The present invention relates generally to high intensity metal halide discharge lamps. More particularly, the present invention relates to a multi-layer oxide coating for protecting the arc tube of a metal halide discharge lamp and thereby improving the performance and extending the useful life thereof.

BACKGROUND OF THE INVENTION

In operation of a high-intensity metal halide discharge lamp, visible radiation is emitted by the metal portion of the metal halide fill at relatively high pressure upon excitation typically caused by passage of current therethrough. One class of high-intensity, metal halide lamps comprises electrodeless lamps which generate an arc discharge by establishing a solenoidal electric field in the high-pressure gaseous lamp fill comprising the combination of one or more metal halides and an inert buffer gas. In particular, the lamp fill, or discharge plasma, is excited by radio frequency (RF) current in an excitation coil surrounding an arc tube which contains the fill. The arc tube and excitation coil assembly acts essentially as a transformer which couples RF energy to the plasma. That is, the excitation coil acts as a primary coil, and the plasma functions as a single-turn secondary RF current in the excitation coil produces a time-varying magnetic field, in turn creating an electric field in the plasma which closes completely upon itself, i.e., a solenoidal electric field. Current flows as a result of this electric field, thus producing a toroidal arc discharge in the arc tube.

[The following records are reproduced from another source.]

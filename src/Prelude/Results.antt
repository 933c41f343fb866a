-- ===== src/Prelude/Results.antt =====
-- Go's `error` values and the calls that return them. `wrap` is `fmt.Errorf("…: %w", err)`, which
-- `errors.Is` looks through; a message that formats the cause by `%v` is an `opaque_cause`, which it
-- does not.
use Prim.Native.String.{String}
use mathlib.Core.Path.{◌≡◌, refl}
use mathlib.Core.Bool.{Bool, true, false, ◌||◌}
use pushboy.Prelude.Tests.{if◌then◌else◌}

pub data Error : Type 0 where
  already_exists not_found closed canceled deadline driver panic : Error
  duplicate rejected message : String → Error
  wrap opaque_cause : String → Error → Error
  join : Error → Error → Error

-- `errors.Is(err, target)` for a target without a cause of its own.
unfoldable pub is_error : (Error → Bool) → Error → Bool
is_error t (wrap s e) = is_error t e
is_error t (join a b) = is_error t a || is_error t b
is_error t e = t e

abbrev pub at_not_found : Error → Bool
at_not_found not_found = true
at_not_found _ = false

abbrev pub at_already_exists : Error → Bool
at_already_exists already_exists = true
at_already_exists _ = false

abbrev pub at_closed : Error → Bool
at_closed closed = true
at_closed _ = false

abbrev pub at_canceled : Error → Bool
at_canceled canceled = true
at_canceled _ = false

pub data Result {ℓ} (A : Type ℓ) : Type ℓ where
  ok : A → Result A
  err : Error → Result A

abbrev pub is_ok {ℓ} : {A : Type ℓ} → Result A → Bool
is_ok (ok a) = true
is_ok (err e) = false

-- A call that reads and writes a state and may return an error; what was written before the error
-- stays written.
abbrev pub Exec {ℓ} : Type ℓ → Type ℓ → Type ℓ
Exec S A = S → Result A × S

module _ {ℓ} {S A : Type ℓ} where
  unfoldable pub pure : A → Exec S A
  pure a s = (ok a, s)

  unfoldable pub raise : Error → Exec S A
  raise e s = (err e, s)

  unfoldable pub gets : (S → A) → Exec S A
  gets f s = (ok (f s), s)

  abbrev pub rewrap : (Error → Error) → Result A × S → Result A × S
  rewrap f (ok a, s) = (ok a, s)
  rewrap f (err e, s) = (err (f e), s)

  -- `if err != nil { return f(err) }`
  unfoldable pub on_error : (Error → Error) → Exec S A → Exec S A
  on_error f m s = rewrap f (m s)

module _ {ℓ} {S A B : Type ℓ} where
  abbrev pub continue : (A → Exec S B) → Result A × S → Result B × S
  continue f (ok a, s) = f a s
  continue f (err e, s) = (err e, s)

  infixl 10 ◌>>=◌ ◌>>◌
  -- Opening this opens the actions above too.
  unfoldable pub ◌>>=◌ : Exec S A → (A → Exec S B) → Exec S B
  unfolding pure raise gets on_error
  ◌>>=◌ m f s = continue f (m s)

  abbrev pub ◌>>◌ : Exec S A → Exec S B → Exec S B
  m >> k = m >>= λ _. k

  abbrev pub attempted : (Result A → Exec S B) → Result A × S → Result B × S
  attempted f (r, s) = f r s

  -- A call whose error the caller looks at itself.
  unfoldable pub attempt : Exec S A → (Result A → Exec S B) → Exec S B
  unfolding ◌>>=◌
  attempt m f s = attempted f (m s)

abbrev pub when {ℓ} : {S : Type ℓ} → Bool → Exec S (Unit {ℓ}) → Exec S (Unit {ℓ})
when c m = if c then m else pure tt

abbrev pub guard {ℓ} : {S : Type ℓ} → Bool → Error → Exec S (Unit {ℓ})
guard c e = if c then pure tt else raise e

-- An invariant `I` of the state that a call leaves true, whether or not it fails; a chain preserves
-- what all its parts preserve.
pub record Preserves {ℓ} {S A : Type ℓ} (I : S → Type ℓ) (call : Exec S A) : Type ℓ where
  pub holds : (before : S) → I before → I (call before).1

module _ {ℓ} {S A : Type ℓ} where
  rewrapped : (I : S → Type ℓ) (f : Error → Error) (r : Result A × S) → I r.1 → I (rewrap f r).1
  rewrapped I f (ok a, s) inv = inv
  rewrapped I f (err e, s) inv = inv

module _ {ℓ} {S A : Type ℓ} {I : S → Type ℓ} where
  pub Preserves-gets : (read : S → A) → Preserves I (gets read)
  unfolding gets
  Preserves-gets read = record { holds = λ before inv. inv }

  pub Preserves-raise : (e : Error) → Preserves I (raise {A = A} e)
  unfolding raise
  Preserves-raise e = record { holds = λ before inv. inv }

  pub Preserves-pure : (value : A) → Preserves I (pure value)
  unfolding pure
  Preserves-pure value = record { holds = λ before inv. inv }

  pub Preserves-if :
      (test : Bool) (one other : Exec S A)
      → Preserves I one
      → Preserves I other
      → Preserves I (if test then one else other)
  Preserves-if true one other p q = p
  Preserves-if false one other p q = q

  pub Preserves-on_error :
      (f : Error → Error) (call : Exec S A) → Preserves I call → Preserves I (on_error f call)
  unfolding on_error
  Preserves-on_error f call p = record {
    holds = λ before inv. rewrapped I f (call before) (p.holds before inv);
  }

module _ {ℓ} {S A B : Type ℓ} {I : S → Type ℓ} where
  continued :
      (next : A → Exec S B) (r : Result A × S)
      → ((value : A) → Preserves I (next value))
      → I r.1
      → I (continue next r).1
  continued next (ok a, s) all inv = (all a).holds s inv
  continued next (err e, s) all inv = inv

  pub Preserves-bind :
      (call : Exec S A) (next : A → Exec S B)
      → Preserves I call
      → ((value : A) → Preserves I (next value))
      → Preserves I (call >>= next)
  unfolding ◌>>=◌
  Preserves-bind call next p all = record {
    holds = λ before inv. continued next (call before) all (p.holds before inv);
  }

pub ruleset preserve_rules =
    (Preserves-pure, Preserves-gets, Preserves-raise, Preserves-on_error, Preserves-bind)

module _ {ℓ} {S A B : Type ℓ} where
  continue-ok :
      (f : A → Exec S B) (r : Result A × S) {b : B}
      → (continue f r).0 ≡ ok b
      → (a : A) × (s : S) × (r ≡ (ok a, s)) × (continue f r ≡ f a s)
  continue-ok f (ok a, s) h = (a, s, refl, refl)
  continue-ok f (err e, s) h = cc

  -- A chain that succeeds has a first part that does, and goes on from its state.
  pub bind-ok :
      (m : Exec S A) (f : A → Exec S B) (s : S) {b : B}
      → ((m >>= f) s).0 ≡ ok b
      → (a : A) × (s' : S) × (m s ≡ (ok a, s')) × ((m >>= f) s ≡ f a s')
  unfolding ◌>>=◌
  bind-ok m f s h = continue-ok f (m s) h
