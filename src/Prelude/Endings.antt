-- ===== src/Prelude/Endings.antt =====
-- What a call that succeeds says of its value and of the state that it leaves.
use mathlib.Core.Path.{◌≡◌, refl, ap, subst}
use mathlib.Core.Bool.{Bool, true, false}
use pushboy.Prelude.Tests.{if◌then◌else◌}
use pushboy.Prelude.Results.{
  Error, Result, ok, err, Exec, pure, raise, on_error, rewrap, continue, attempted, attempt, ◌>>=◌,
}

module _ {S A : Type 0} where
  rewrapped_gives :
      (Q : A → S → Type 0) (f : Error → Error) (r : Result A × S) (value : A)
      → ((v : A) → r.0 ≡ ok v → Q v r.1)
      → (rewrap f r).0 ≡ ok value
      → Q value (rewrap f r).1
  rewrapped_gives Q f (ok a, s) value k h = k value h
  rewrapped_gives Q f (err e, s) value k h = cc

module _ {S A B : Type 0} where
  after_gives :
      (Q : B → S → Type 0) (next : A → Exec S B) (r : Result A × S) (value : B)
      → ((a : A) → r.0 ≡ ok a → (next a r.1).0 ≡ ok value → Q value (next a r.1).1)
      → (continue next r).0 ≡ ok value
      → Q value (continue next r).1
  after_gives Q next (ok a, s) value k h = k a refl h
  after_gives Q next (err e, s) value k h = cc

pub record Gives {S A : Type 0} (Q : A → S → Type 0) (call : Exec S A) : Type 0 where
  pub holds : (before : S) (value : A) → (call before).0 ≡ ok value → Q value (call before).1

module _ {S A : Type 0} {Q : A → S → Type 0} where
  pub Gives-raise : (e : Error) → Gives Q (raise e)
  unfolding raise
  Gives-raise e = record { holds = λ before value h. cc }

  pub Gives-if :
      (test : Bool) (one other : Exec S A)
      → Gives Q one
      → Gives Q other
      → Gives Q (if test then one else other)
  Gives-if true one other p q = p
  Gives-if false one other p q = q

  pub Gives-on_error :
      (f : Error → Error) (call : Exec S A) → Gives Q call → Gives Q (on_error f call)
  unfolding on_error
  Gives-on_error f call p = record {
    holds = λ before value. rewrapped_gives Q f (call before) value (p.holds before);
  }

module _ {S A B : Type 0} {Q : B → S → Type 0} where
  continued_gives :
      (next : A → Exec S B) (r : Result A × S) (value : B)
      → ((a : A) → Gives Q (next a))
      → (continue next r).0 ≡ ok value
      → Q value (continue next r).1
  continued_gives next (ok a, s) value all h = (all a).holds s value h
  continued_gives next (err e, s) value all h = cc

  -- The last part of a chain decides.
  pub Gives-bind :
      (call : Exec S A) (next : A → Exec S B)
      → ((a : A) → Gives Q (next a))
      → Gives Q (call >>= next)
  unfolding ◌>>=◌
  Gives-bind call next all = record {
    holds = λ before value. continued_gives next (call before) value all;
  }

  attempted_gives :
      (next : Result A → Exec S B) (r : Result A × S) (value : B)
      → ((a : A) → r.0 ≡ ok a → (next (ok a) r.1).0 ≡ ok value → Q value (next (ok a) r.1).1)
      → ((e : Error) → Gives Q (next (err e)))
      → (attempted next r).0 ≡ ok value
      → Q value (attempted next r).1
  attempted_gives next (ok a, s) value k all h = k a refl h
  attempted_gives next (err e, s) value k all h = (all e).holds s value h

  -- After a success, what follows knows the value and the state.
  pub Gives-attempt :
      (R : A → S → Type 0) (call : Exec S A) (next : Result A → Exec S B)
      → Gives R call
      → ((a : A) (s : S) (value : B)
          → R a s
          → (next (ok a) s).0 ≡ ok value
          → Q value (next (ok a) s).1)
      → ((e : Error) → Gives Q (next (err e)))
      → Gives Q (attempt call next)
  unfolding attempt
  Gives-attempt R call next p k all = record {
    holds = λ before value.
        attempted_gives next (call before) value (λ a e. k a _ value (p.holds before a e)) all;
  }

  pub Gives-after :
      (R : A → S → Type 0) (call : Exec S A) (next : A → Exec S B)
      → Gives R call
      → ((a : A) (s : S) (value : B) → R a s → (next a s).0 ≡ ok value → Q value (next a s).1)
      → Gives Q (call >>= next)
  unfolding ◌>>=◌
  Gives-after R call next p k = record {
    holds = λ before value.
        after_gives Q next (call before) value (λ a e. k a _ value (p.holds before a e));
  }

module _ {S A : Type 0} (Q : A → S → Type 0) where
  abbrev value_or : A → Result A → A
  value_or a (ok b) = b
  value_or a (err e) = a

  pub pure_gives :
      (a : A) (s : S) (value : A) → Q a s → (pure a s).0 ≡ ok value → Q value (pure a s).1
  unfolding pure
  pure_gives a s value q h = subst (λ (v : A). Q v s) (ap (value_or a) h) q

  pub Gives-pure : (a : A) → ((s : S) → Q a s) → Gives Q (pure a)
  Gives-pure a all = record { holds = λ before value. pure_gives a before value (all before) }
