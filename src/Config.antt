-- ===== src/Config.antt =====
-- internal/config/config.go: the settings, read from the environment with defaults.
pub mod Ranges
use pushboy.Prelude.{ℕ, String, Bool, true, false, Option, none, some, ltb, eqb, if◌then◌else◌}

-- What `strconv.Atoi` reads: `negsuc n` is -(n + 1).
pub data ℤ : Type 0 where
  pos negsuc : ℕ → ℤ

-- `value < n`, for an `n` that is not negative.
abbrev pub is_below : ℕ → ℤ → Bool
is_below n (pos m) = ltb m n
is_below n (negsuc m) = true

-- The settings of `Load`.
pub record Config : Type 0 where
  pub server_port : String
  pub worker_count : ℤ
  pub sender_count : ℤ
  pub job_queue_size : ℤ
  pub task_queue_size : ℤ
  pub dlq_queue_size : ℤ
  pub batch_size : ℤ
  pub outcome_batch_size : ℤ
  pub outcome_flush_seconds : ℤ
  pub shutdown_timeout_secs : ℤ
  pub la_worker_count : ℤ
  pub la_sender_count : ℤ
  pub la_job_queue_size : ℤ
  pub la_task_queue_size : ℤ
  pub la_dlq_queue_size : ℤ
  pub max_retry_notification : ℤ
  pub database_url : String
  pub apns_key_id : String
  pub apns_team_id : String
  pub apns_bundle_id : String
  pub apns_key_path : String
  pub apns_use_sandbox : Bool
  pub apns_endpoint : String
  pub apns_client_pool : ℤ
  pub apns_max_concurrent : ℤ
  pub la_apns_client_pool : ℤ
  pub la_apns_max_concurrent : ℤ
  pub fcm_project_id : String
  pub fcm_service_account : String
  pub fcm_key_path : String
  pub fcm_client_pool : ℤ
  pub fcm_max_concurrent : ℤ
  pub la_fcm_client_pool : ℤ
  pub la_fcm_max_concurrent : ℤ
  pub broadcast_topic_name : String

abbrev pub value_or : {A : Type 0} → A → Option A → A
value_or default none = default
value_or default (some v) = v

abbrev pub non_negative : Option ℤ → Option ℤ
non_negative none = none
non_negative (some v) = if is_below 0 v then none else some v

abbrev pub at_least : ℕ → ℤ → ℤ → ℤ
at_least n default value = if is_below n value then default else value

-- `os.LookupEnv`, and `strconv.Atoi` and `strconv.ParseBool`, which fail on some texts.
module _ (lookup_env : String → Option String) (atoi : String → Option ℤ)
    (parse_bool : String → Option Bool) where
  unfoldable pub get_env : String → String → String
  get_env key default = value_or default (lookup_env key)

  unfoldable pub get_int_env : String → ℤ → ℤ
  unfolding get_env
  get_int_env key default = value_or default (atoi (get_env key ""))

  unfoldable pub get_positive_int_env : String → ℤ → ℤ
  unfolding get_int_env
  get_positive_int_env key default = at_least 1 default (get_int_env key default)

  unfoldable pub get_non_negative_int_env : String → ℤ → ℤ
  unfolding get_int_env
  get_non_negative_int_env key default = at_least 0 default (get_int_env key default)

  abbrev read_optional : Option String → Option ℤ
  read_optional none = none
  read_optional (some text) = non_negative (atoi text)

  unfoldable pub get_optional_non_negative_int_env : String → Option ℤ
  get_optional_non_negative_int_env key = read_optional (lookup_env key)

  unfoldable pub get_bool_env : String → Bool → Bool
  unfolding get_env
  get_bool_env key default = value_or default (parse_bool (get_env key ""))

  -- The default of a queue of the live activity lane.
  abbrev pub la_queue_default : ℤ → ℤ
  la_queue_default default = value_or default (get_optional_non_negative_int_env "LA_QUEUE_SIZE")

  unfoldable pub load : Config
  unfolding get_positive_int_env get_non_negative_int_env get_optional_non_negative_int_env
      get_bool_env
  load =
      let apns_client_pool = get_positive_int_env "APNS_CLIENT_POOL" (pos 8) in
      let apns_max_concurrent = get_non_negative_int_env "APNS_MAX_CONCURRENT" (pos 0) in
      let fcm_client_pool = get_positive_int_env "FCM_CLIENT_POOL" (pos 4) in
      let fcm_max_concurrent = get_non_negative_int_env "FCM_MAX_CONCURRENT" (pos 360) in
      record {
        server_port = get_env "SERVER_PORT" ":8080";
        worker_count = get_int_env "WORKER_COUNT" (pos 10);
        sender_count = get_int_env "SENDER_COUNT" (pos 2000);
        job_queue_size = get_int_env "JOB_QUEUE_SIZE" (pos 1000);
        task_queue_size = get_non_negative_int_env "TASK_QUEUE_SIZE" (pos 10000);
        dlq_queue_size = get_non_negative_int_env "DLQ_QUEUE_SIZE" (pos 50000);
        batch_size = get_int_env "BATCH_SIZE" (pos 5000);
        outcome_batch_size = get_positive_int_env "OUTCOME_BATCH_SIZE" (pos 1000);
        outcome_flush_seconds = get_positive_int_env "OUTCOME_FLUSH_SECONDS" (pos 10);
        shutdown_timeout_secs = get_positive_int_env "SHUTDOWN_TIMEOUT_SECONDS" (pos 120);
        la_worker_count = get_int_env "LA_WORKER_COUNT" (pos 5);
        la_sender_count = get_int_env "LA_SENDER_COUNT" (pos 300);
        la_job_queue_size =
            get_non_negative_int_env "LA_JOB_QUEUE_SIZE" (la_queue_default (pos 1000));
        la_task_queue_size =
            get_non_negative_int_env "LA_TASK_QUEUE_SIZE" (la_queue_default (pos 5000));
        la_dlq_queue_size =
            get_non_negative_int_env "LA_DLQ_QUEUE_SIZE" (la_queue_default (pos 50000));
        max_retry_notification = get_non_negative_int_env "MAX_RETRY_NOTIFICATION" (pos 3);
        database_url = get_env "DATABASE_URL" "postgres://localhost:5432/pushboy?sslmode=disable";
        apns_key_id = get_env "APNS_KEY_ID" "";
        apns_team_id = get_env "APNS_TEAM_ID" "";
        apns_bundle_id = get_env "APNS_BUNDLE_ID" (get_env "APNS_TOPIC_ID" "");
        apns_key_path = get_env "APNS_KEY_PATH" "";
        apns_use_sandbox = get_bool_env "APNS_USE_SANDBOX" false;
        apns_endpoint = get_env "APNS_ENDPOINT" "";
        apns_client_pool = apns_client_pool;
        apns_max_concurrent = apns_max_concurrent;
        la_apns_client_pool = get_positive_int_env "LA_APNS_CLIENT_POOL" apns_client_pool;
        la_apns_max_concurrent =
            get_non_negative_int_env "LA_APNS_MAX_CONCURRENT" apns_max_concurrent;
        fcm_project_id = get_env "FCM_PROJECT_ID" "";
        fcm_service_account = get_env "FCM_SERVICE_ACCOUNT" "";
        fcm_key_path = get_env "FCM_KEY_PATH" "keys/service-account.json";
        fcm_client_pool = fcm_client_pool;
        fcm_max_concurrent = fcm_max_concurrent;
        la_fcm_client_pool = get_positive_int_env "LA_FCM_CLIENT_POOL" fcm_client_pool;
        la_fcm_max_concurrent = get_non_negative_int_env "LA_FCM_MAX_CONCURRENT" fcm_max_concurrent;
        broadcast_topic_name = get_env "BROADCAST_TOPIC_NAME" "broadcast";
      }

High-intensity, metal halide discharge lamps, such as the aforementioned electrodeless lamps, generally provide good color rendition and high efficacy in accordance with the principles of general purpose illumination. However, the lifetime of such lamps can be limited by the loss of the metal portion of the metal halide fill during lamp operation and the corresponding buildup of free halogen. In particular, during lamp operation, the metal halide fill is dissociated by the arc discharge into positive metal ions and negative halide ions. The positive metal ions are driven toward the arc tube wall by the electric field of the arc discharge. Metal which does not react with halide ions before reaching the arc tube wall may react chemically at the wall. For example, in an arc tube containing a fill including sodium iodide and cerium iodide, sodium reacts with the quartz arc tube to form sodium silicate crystals, causing devitrification of the arc tube. Moreover, the dose of sodium and cerium iodides catalyzes the crystal nucleation of fused silica, enhancing the devitrification process. The thermal mismatch between the newly formed crystalline silica and the amorphous silica of the arc tube causes severe cracking of the arc tube wall. As another problem, cerium causes chemical etching of the arc tube wall, leading to rough and uneven inner wall surfaces. Furthermore, the loss of the metal atoms through the devitrification and etching processes leads to the release of free halogen into the arc tube, causing arc instability and eventual arc extinction, especially in electrodeless high-intensity, metal halide discharge lamps.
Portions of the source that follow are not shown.